* _Exercise aim_
Search the data below for the word "ReadAs" and copy each line that holds it.

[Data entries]
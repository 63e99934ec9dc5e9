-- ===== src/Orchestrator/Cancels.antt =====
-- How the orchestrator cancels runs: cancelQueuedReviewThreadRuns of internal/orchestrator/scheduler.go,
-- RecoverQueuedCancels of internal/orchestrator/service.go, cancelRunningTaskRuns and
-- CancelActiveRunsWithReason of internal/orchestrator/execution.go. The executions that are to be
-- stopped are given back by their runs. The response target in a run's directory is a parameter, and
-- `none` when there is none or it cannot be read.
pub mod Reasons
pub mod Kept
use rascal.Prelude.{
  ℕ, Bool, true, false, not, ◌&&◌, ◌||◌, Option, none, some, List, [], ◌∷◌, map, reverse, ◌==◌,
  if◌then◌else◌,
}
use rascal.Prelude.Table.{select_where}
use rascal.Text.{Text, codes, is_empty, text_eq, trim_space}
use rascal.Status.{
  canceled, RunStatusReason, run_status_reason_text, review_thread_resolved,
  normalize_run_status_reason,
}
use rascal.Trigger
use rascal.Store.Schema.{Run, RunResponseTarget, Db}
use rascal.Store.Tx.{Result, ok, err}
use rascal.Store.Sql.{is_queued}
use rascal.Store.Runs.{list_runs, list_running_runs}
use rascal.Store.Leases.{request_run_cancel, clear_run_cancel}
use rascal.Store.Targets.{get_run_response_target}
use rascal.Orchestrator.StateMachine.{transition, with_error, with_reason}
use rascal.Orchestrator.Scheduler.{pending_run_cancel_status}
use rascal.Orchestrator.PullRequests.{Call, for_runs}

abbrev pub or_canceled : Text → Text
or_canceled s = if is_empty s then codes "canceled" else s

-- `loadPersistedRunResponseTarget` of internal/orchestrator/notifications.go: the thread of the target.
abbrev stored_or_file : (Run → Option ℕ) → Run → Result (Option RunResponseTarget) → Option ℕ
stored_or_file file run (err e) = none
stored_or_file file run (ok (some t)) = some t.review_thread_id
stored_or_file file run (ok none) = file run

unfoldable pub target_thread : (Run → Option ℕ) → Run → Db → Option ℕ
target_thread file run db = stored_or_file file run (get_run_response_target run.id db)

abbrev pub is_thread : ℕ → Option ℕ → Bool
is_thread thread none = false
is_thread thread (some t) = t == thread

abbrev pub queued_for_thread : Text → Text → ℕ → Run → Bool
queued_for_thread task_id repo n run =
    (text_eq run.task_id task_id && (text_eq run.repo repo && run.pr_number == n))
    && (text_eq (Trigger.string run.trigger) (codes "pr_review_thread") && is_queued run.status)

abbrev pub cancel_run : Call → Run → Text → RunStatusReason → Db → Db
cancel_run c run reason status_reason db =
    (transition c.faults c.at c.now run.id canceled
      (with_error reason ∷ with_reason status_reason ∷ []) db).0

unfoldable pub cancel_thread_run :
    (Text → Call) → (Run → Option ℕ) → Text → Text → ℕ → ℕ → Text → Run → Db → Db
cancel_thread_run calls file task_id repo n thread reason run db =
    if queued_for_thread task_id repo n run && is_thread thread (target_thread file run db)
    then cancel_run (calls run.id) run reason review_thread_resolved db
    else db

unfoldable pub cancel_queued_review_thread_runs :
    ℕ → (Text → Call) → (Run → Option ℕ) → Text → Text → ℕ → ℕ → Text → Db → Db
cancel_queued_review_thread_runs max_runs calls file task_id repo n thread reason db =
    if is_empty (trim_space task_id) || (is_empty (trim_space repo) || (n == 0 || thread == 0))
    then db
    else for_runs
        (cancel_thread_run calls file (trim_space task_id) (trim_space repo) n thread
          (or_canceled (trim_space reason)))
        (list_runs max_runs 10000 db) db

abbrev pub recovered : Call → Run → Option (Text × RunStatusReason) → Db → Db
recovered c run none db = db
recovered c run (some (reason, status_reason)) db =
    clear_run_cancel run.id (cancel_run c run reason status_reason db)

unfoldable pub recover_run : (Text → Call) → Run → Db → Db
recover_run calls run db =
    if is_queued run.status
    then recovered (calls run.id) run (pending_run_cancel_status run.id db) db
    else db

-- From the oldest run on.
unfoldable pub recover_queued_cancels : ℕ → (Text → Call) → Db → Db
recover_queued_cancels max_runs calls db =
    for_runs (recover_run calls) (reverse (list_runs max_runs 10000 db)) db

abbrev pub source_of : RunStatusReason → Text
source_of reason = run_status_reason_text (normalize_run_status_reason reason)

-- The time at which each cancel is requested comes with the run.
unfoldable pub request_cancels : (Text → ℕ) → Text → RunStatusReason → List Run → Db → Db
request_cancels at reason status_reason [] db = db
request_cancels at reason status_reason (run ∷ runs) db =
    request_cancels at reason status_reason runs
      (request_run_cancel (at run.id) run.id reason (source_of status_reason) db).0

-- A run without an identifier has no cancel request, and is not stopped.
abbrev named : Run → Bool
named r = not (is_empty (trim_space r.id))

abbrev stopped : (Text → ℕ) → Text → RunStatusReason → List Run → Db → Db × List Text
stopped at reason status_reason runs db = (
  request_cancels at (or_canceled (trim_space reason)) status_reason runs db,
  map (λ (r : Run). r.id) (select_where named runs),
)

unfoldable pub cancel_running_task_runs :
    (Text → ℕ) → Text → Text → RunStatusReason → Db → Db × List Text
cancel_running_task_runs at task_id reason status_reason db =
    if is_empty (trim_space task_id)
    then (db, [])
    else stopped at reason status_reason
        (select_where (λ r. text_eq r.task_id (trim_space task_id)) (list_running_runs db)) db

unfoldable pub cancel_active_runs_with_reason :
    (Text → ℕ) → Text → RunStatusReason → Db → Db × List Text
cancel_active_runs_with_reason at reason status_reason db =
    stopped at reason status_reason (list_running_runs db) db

--

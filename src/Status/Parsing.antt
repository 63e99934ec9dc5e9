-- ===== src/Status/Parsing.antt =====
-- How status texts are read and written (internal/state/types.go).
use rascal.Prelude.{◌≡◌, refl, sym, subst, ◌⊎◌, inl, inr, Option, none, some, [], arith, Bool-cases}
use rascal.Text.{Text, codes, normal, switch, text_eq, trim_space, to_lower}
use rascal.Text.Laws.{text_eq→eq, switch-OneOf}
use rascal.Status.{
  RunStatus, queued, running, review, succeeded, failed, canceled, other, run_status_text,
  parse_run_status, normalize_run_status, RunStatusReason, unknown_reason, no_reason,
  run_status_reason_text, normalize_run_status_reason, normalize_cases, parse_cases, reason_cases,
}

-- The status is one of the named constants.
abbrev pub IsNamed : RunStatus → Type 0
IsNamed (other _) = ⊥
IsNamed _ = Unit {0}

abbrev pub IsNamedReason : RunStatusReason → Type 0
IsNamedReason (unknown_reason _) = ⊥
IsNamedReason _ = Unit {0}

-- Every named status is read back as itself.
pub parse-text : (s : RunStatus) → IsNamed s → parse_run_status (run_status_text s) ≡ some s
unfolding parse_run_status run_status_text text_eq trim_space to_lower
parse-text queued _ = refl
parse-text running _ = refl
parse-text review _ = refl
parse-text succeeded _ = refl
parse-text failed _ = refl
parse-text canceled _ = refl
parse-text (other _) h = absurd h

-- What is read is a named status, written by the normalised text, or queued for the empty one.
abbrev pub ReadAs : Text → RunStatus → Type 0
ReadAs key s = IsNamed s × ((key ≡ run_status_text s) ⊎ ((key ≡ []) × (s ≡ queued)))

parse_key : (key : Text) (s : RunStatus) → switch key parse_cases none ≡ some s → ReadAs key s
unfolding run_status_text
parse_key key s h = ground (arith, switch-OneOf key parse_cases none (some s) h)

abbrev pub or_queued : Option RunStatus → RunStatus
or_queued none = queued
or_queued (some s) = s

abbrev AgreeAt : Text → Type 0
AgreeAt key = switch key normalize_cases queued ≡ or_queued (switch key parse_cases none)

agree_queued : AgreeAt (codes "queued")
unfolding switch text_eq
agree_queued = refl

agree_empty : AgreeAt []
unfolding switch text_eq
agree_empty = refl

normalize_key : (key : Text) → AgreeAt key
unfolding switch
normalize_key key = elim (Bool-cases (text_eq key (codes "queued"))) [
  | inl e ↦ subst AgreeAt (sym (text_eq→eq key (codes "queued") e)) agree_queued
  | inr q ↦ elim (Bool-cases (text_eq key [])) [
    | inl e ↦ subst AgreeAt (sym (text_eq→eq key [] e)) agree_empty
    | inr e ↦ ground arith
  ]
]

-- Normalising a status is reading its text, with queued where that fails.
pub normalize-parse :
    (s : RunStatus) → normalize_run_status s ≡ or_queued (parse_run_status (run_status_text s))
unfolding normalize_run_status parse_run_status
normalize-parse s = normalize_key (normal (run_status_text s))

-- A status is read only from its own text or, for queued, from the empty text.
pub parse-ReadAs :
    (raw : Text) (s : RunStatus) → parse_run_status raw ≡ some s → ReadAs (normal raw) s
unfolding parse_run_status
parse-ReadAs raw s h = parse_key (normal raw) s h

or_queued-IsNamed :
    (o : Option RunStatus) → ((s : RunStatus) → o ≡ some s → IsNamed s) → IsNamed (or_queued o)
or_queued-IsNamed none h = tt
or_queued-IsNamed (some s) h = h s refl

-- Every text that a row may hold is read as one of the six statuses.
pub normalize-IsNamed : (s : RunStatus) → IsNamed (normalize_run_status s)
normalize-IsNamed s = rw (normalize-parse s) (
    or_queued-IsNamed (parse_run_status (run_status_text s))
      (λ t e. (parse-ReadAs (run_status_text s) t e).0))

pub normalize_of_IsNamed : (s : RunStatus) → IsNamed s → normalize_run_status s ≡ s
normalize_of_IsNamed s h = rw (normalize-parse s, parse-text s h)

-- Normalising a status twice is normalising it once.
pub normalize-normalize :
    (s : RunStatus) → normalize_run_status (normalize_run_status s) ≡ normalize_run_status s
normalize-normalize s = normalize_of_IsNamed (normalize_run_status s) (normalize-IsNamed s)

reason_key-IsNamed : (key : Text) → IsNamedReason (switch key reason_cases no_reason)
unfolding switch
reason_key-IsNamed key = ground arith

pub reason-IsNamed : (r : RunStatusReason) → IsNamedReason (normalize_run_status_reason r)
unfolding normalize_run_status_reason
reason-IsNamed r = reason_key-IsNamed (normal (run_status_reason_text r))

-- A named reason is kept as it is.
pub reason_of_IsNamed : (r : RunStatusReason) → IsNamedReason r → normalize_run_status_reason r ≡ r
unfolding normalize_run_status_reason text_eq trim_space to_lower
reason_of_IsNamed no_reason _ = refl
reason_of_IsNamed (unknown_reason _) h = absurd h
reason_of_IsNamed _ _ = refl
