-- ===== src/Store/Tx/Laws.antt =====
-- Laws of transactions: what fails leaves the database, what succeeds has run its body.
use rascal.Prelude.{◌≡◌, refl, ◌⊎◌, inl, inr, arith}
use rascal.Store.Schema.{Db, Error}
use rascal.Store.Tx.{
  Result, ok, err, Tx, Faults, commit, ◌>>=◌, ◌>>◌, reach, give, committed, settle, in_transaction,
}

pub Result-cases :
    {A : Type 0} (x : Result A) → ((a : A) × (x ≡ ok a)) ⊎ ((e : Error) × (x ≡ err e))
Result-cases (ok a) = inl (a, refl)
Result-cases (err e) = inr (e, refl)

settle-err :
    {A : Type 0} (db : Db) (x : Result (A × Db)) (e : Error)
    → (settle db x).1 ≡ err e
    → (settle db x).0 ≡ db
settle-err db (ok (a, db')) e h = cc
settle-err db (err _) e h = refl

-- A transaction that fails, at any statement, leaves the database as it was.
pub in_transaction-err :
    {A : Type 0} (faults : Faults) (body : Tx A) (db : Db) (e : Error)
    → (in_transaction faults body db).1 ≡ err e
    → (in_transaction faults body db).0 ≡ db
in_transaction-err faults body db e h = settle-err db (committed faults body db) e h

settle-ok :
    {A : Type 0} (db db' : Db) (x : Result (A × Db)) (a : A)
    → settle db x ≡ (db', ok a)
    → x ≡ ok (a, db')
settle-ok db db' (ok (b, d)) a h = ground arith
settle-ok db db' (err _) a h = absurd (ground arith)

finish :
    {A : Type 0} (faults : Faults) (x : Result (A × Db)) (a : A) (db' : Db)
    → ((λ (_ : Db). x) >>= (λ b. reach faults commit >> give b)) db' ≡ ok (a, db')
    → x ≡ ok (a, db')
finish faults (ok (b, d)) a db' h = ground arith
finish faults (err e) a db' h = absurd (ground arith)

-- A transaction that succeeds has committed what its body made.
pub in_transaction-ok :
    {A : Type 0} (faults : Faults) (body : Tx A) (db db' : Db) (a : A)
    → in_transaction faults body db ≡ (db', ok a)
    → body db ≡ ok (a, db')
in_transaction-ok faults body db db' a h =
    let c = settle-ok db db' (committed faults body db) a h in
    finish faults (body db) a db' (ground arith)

---

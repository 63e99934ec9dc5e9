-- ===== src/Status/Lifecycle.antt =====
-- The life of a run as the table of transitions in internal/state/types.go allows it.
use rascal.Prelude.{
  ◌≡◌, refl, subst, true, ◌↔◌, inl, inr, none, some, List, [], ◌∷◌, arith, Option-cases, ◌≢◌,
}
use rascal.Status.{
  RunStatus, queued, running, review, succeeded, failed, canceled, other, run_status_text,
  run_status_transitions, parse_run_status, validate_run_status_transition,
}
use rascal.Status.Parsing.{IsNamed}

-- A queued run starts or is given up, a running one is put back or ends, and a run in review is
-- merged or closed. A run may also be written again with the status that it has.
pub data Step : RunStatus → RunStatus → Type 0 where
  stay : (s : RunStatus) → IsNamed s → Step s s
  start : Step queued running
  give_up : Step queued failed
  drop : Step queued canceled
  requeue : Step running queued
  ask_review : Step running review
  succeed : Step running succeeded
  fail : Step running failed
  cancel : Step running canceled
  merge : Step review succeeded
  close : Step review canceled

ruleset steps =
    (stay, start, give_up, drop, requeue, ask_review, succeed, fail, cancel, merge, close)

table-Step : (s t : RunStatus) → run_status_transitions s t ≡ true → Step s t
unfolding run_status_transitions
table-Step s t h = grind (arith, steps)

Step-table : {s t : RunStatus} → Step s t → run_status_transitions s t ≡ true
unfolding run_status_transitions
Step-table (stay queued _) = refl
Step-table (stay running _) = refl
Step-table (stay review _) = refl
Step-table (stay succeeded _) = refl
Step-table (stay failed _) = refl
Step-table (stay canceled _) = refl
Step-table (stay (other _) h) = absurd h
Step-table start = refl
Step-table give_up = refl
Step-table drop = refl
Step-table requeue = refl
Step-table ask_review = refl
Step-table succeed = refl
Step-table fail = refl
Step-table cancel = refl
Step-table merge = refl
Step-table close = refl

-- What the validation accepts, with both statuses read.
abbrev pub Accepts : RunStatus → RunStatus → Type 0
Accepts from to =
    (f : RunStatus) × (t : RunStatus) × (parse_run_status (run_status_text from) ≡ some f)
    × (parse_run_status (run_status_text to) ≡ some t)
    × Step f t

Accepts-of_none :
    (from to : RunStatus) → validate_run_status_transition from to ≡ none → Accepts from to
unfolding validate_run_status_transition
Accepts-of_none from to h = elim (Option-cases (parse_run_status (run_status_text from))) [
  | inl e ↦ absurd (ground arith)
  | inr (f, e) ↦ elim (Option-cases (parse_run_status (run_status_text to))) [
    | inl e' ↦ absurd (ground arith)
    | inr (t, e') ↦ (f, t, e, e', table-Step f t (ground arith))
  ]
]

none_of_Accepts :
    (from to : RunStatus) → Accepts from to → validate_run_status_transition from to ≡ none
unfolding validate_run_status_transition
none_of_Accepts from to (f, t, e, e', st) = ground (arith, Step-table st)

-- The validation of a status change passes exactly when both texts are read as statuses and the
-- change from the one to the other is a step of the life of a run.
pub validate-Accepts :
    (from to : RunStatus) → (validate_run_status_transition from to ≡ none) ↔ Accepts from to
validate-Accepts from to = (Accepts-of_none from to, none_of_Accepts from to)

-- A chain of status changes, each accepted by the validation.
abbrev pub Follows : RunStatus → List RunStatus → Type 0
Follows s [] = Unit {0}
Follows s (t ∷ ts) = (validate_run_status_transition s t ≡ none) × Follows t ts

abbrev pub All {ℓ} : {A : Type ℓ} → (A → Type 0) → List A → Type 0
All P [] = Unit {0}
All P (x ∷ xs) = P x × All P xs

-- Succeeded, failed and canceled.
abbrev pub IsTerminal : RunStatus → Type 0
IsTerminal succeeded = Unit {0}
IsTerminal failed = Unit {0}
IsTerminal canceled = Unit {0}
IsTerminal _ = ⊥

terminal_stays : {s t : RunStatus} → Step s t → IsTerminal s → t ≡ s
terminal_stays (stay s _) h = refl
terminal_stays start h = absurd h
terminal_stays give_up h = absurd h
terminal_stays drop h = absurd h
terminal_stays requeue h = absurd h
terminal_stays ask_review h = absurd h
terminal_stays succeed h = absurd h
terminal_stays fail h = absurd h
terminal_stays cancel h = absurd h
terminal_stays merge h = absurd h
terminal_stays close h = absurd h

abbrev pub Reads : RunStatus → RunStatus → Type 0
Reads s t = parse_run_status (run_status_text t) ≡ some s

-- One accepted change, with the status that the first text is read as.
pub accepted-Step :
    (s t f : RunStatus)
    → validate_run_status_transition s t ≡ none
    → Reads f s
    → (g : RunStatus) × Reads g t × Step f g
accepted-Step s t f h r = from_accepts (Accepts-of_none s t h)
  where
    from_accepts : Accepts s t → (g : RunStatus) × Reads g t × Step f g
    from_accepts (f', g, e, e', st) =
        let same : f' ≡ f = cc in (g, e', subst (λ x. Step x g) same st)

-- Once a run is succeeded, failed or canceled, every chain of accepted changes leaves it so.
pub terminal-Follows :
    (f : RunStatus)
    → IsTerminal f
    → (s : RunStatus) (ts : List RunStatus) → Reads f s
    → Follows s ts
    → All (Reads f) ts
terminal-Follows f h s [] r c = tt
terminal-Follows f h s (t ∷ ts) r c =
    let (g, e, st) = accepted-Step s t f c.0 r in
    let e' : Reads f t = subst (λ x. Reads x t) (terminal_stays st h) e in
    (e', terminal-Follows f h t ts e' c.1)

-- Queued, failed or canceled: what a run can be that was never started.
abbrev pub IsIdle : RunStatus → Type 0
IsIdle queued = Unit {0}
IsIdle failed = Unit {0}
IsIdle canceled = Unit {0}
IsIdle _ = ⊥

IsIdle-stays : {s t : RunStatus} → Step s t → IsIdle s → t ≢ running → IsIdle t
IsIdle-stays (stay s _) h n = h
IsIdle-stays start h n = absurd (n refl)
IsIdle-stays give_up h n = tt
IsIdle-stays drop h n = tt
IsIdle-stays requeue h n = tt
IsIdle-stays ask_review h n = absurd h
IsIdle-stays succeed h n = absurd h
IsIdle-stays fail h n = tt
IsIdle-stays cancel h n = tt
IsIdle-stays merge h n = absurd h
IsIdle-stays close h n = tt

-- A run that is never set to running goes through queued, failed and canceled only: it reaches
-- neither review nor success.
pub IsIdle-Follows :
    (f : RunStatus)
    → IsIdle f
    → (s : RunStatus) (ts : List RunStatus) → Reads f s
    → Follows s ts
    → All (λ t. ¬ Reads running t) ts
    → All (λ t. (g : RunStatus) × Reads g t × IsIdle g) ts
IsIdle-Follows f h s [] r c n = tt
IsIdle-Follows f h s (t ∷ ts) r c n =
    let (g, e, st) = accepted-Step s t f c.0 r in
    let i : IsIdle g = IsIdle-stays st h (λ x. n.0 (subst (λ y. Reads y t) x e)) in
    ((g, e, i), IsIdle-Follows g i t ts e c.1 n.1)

* _Response area_
abbrev pub ReadAs : Text → RunStatus → Type 0
ReadAs key s = IsNamed s × ((key ≡ run_status_text s) ⊎ ((key ≡ []) × (s ≡ queued)))
parse_key : (key : Text) (s : RunStatus) → switch key parse_cases none ≡ some s → ReadAs key s
pub parse-ReadAs :
    (raw : Text) (s : RunStatus) → parse_run_status raw ≡ some s → ReadAs (normal raw) s
parse-ReadAs raw s h = parse_key (normal raw) s h
      (λ t e. (parse-ReadAs (run_status_text s) t e).0))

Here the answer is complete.